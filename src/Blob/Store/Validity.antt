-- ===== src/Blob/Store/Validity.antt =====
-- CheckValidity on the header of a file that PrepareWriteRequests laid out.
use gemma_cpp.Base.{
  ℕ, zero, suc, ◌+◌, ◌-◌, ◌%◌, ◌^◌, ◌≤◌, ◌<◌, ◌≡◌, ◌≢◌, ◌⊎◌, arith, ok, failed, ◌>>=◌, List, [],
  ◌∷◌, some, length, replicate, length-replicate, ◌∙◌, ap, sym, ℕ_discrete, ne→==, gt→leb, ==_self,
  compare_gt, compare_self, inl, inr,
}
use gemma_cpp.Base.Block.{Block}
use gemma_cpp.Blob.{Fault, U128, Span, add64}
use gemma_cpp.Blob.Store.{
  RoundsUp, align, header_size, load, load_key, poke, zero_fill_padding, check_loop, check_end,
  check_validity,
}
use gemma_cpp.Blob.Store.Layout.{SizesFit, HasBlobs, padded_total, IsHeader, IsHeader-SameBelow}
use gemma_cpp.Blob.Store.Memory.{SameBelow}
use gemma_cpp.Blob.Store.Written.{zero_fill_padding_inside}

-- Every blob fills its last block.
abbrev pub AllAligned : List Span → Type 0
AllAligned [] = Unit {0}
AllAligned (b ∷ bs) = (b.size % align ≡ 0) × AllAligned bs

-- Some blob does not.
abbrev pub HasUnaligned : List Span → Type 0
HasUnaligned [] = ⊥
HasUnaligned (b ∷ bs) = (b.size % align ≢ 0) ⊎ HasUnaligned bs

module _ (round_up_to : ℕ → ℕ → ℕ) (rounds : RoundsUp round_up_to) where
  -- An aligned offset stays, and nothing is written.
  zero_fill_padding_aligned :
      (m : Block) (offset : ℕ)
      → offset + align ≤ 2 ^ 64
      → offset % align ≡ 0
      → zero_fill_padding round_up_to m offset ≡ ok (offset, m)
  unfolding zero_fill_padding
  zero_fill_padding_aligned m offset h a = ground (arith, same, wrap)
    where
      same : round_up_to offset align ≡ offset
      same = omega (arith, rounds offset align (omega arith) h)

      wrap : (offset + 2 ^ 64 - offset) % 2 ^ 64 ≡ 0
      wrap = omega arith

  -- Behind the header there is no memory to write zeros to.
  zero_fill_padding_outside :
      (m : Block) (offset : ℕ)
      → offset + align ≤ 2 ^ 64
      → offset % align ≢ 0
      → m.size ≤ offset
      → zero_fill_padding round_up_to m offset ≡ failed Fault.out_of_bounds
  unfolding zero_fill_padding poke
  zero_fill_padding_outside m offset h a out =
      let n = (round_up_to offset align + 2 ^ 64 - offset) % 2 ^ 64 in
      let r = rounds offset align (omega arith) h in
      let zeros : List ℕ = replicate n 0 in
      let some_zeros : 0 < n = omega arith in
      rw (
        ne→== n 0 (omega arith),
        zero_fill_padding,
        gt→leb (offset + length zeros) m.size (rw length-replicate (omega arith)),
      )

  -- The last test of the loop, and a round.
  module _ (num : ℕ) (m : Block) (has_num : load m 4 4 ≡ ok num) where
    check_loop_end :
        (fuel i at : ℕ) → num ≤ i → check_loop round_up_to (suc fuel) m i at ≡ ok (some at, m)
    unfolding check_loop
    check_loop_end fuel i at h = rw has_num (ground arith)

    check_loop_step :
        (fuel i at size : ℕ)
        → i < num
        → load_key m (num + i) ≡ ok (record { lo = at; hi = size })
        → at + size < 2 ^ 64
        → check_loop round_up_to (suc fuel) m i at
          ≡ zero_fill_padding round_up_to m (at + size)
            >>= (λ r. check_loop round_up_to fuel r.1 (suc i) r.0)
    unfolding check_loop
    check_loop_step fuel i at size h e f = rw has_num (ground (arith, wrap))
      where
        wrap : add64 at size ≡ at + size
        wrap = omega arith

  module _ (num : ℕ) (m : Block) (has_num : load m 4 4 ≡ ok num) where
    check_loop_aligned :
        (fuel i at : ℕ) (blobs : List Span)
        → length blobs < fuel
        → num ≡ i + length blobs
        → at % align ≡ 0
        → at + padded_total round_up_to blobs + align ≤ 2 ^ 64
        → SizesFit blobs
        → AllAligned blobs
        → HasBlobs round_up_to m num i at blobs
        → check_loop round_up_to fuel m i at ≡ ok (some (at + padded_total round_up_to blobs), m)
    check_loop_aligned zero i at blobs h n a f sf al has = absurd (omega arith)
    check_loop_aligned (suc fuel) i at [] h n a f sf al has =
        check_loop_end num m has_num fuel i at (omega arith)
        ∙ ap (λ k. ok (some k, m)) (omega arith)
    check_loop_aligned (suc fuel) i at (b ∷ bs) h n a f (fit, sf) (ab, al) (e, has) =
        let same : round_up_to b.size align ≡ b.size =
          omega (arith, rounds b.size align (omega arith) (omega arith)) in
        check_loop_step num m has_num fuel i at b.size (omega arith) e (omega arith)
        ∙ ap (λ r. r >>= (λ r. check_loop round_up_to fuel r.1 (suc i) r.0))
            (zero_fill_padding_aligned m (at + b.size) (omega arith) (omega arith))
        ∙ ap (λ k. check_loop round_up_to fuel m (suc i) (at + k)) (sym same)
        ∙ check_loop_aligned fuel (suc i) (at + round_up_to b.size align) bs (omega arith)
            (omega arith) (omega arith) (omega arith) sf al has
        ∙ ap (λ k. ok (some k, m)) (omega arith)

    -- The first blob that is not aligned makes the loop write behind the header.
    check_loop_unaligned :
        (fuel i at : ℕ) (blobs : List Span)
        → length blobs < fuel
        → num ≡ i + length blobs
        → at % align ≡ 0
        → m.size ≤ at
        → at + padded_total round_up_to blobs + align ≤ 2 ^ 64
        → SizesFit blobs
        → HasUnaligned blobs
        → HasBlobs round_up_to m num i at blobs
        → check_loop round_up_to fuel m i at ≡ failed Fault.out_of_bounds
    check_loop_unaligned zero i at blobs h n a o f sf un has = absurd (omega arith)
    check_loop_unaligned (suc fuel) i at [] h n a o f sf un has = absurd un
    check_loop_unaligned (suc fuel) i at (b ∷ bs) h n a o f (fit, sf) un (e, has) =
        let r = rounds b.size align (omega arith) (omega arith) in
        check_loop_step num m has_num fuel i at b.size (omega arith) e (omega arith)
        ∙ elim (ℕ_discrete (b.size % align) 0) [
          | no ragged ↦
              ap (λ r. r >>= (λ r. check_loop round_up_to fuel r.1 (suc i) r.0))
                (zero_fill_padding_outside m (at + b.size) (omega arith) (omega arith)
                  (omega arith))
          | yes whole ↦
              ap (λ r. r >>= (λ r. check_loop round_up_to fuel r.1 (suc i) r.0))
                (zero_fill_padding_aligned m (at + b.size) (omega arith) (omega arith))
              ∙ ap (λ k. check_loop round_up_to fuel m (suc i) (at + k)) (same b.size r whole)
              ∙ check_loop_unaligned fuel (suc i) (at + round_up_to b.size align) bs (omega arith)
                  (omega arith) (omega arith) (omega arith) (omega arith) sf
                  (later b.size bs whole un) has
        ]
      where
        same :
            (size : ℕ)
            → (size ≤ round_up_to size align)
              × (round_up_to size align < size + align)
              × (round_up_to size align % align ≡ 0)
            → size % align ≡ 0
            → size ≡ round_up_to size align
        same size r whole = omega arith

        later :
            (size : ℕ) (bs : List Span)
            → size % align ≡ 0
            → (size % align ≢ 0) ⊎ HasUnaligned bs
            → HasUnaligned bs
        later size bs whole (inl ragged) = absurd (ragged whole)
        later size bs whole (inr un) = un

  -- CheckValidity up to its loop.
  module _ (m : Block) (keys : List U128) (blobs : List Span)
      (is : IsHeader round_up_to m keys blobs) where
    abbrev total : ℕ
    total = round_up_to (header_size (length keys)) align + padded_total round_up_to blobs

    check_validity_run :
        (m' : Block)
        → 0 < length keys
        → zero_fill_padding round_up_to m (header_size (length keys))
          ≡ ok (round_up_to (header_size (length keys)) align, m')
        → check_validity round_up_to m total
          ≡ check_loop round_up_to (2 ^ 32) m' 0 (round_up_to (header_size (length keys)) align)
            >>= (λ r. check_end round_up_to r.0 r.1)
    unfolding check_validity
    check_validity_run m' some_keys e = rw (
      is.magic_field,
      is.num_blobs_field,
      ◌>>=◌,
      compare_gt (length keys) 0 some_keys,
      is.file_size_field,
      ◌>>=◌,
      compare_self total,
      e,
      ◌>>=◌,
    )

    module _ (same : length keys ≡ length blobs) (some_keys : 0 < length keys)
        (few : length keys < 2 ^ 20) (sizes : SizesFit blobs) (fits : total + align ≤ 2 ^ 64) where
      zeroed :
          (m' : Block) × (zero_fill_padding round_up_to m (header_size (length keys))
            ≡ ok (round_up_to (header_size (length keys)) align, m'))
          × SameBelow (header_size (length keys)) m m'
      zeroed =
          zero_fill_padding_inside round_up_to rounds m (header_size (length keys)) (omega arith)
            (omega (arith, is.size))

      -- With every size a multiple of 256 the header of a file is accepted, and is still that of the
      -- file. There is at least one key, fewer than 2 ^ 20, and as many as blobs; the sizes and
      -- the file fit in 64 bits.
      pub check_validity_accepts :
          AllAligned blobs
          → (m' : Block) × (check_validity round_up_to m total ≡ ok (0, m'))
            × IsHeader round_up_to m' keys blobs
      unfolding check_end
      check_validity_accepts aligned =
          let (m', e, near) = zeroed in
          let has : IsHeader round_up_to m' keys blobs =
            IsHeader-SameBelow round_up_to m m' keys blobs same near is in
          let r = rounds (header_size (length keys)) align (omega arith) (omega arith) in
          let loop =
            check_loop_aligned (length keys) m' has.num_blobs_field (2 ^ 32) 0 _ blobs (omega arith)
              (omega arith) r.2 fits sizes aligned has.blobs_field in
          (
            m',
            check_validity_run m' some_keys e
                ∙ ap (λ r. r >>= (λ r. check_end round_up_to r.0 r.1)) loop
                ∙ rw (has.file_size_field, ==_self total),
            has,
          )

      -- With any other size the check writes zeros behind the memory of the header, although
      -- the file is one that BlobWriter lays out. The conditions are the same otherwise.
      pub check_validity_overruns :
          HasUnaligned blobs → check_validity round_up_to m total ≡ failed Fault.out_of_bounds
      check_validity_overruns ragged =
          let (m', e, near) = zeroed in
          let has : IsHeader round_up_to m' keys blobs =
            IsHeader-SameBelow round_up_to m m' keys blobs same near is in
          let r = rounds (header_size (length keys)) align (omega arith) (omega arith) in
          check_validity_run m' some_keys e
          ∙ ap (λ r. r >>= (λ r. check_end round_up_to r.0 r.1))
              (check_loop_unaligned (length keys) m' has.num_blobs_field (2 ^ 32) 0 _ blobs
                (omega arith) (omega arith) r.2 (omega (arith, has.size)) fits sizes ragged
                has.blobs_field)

=-=-=-=-=

Each line of the records that holds the word "failed" should be copied out.

§ Exercise solution
  ℕ, zero, suc, ◌+◌, ◌-◌, ◌%◌, ◌^◌, ◌≤◌, ◌<◌, ◌≡◌, ◌≢◌, ◌⊎◌, arith, ok, failed, ◌>>=◌, List, [],
      → zero_fill_padding round_up_to m offset ≡ failed Fault.out_of_bounds
        → check_loop round_up_to fuel m i at ≡ failed Fault.out_of_bounds
          HasUnaligned blobs → check_validity round_up_to m total ≡ failed Fault.out_of_bounds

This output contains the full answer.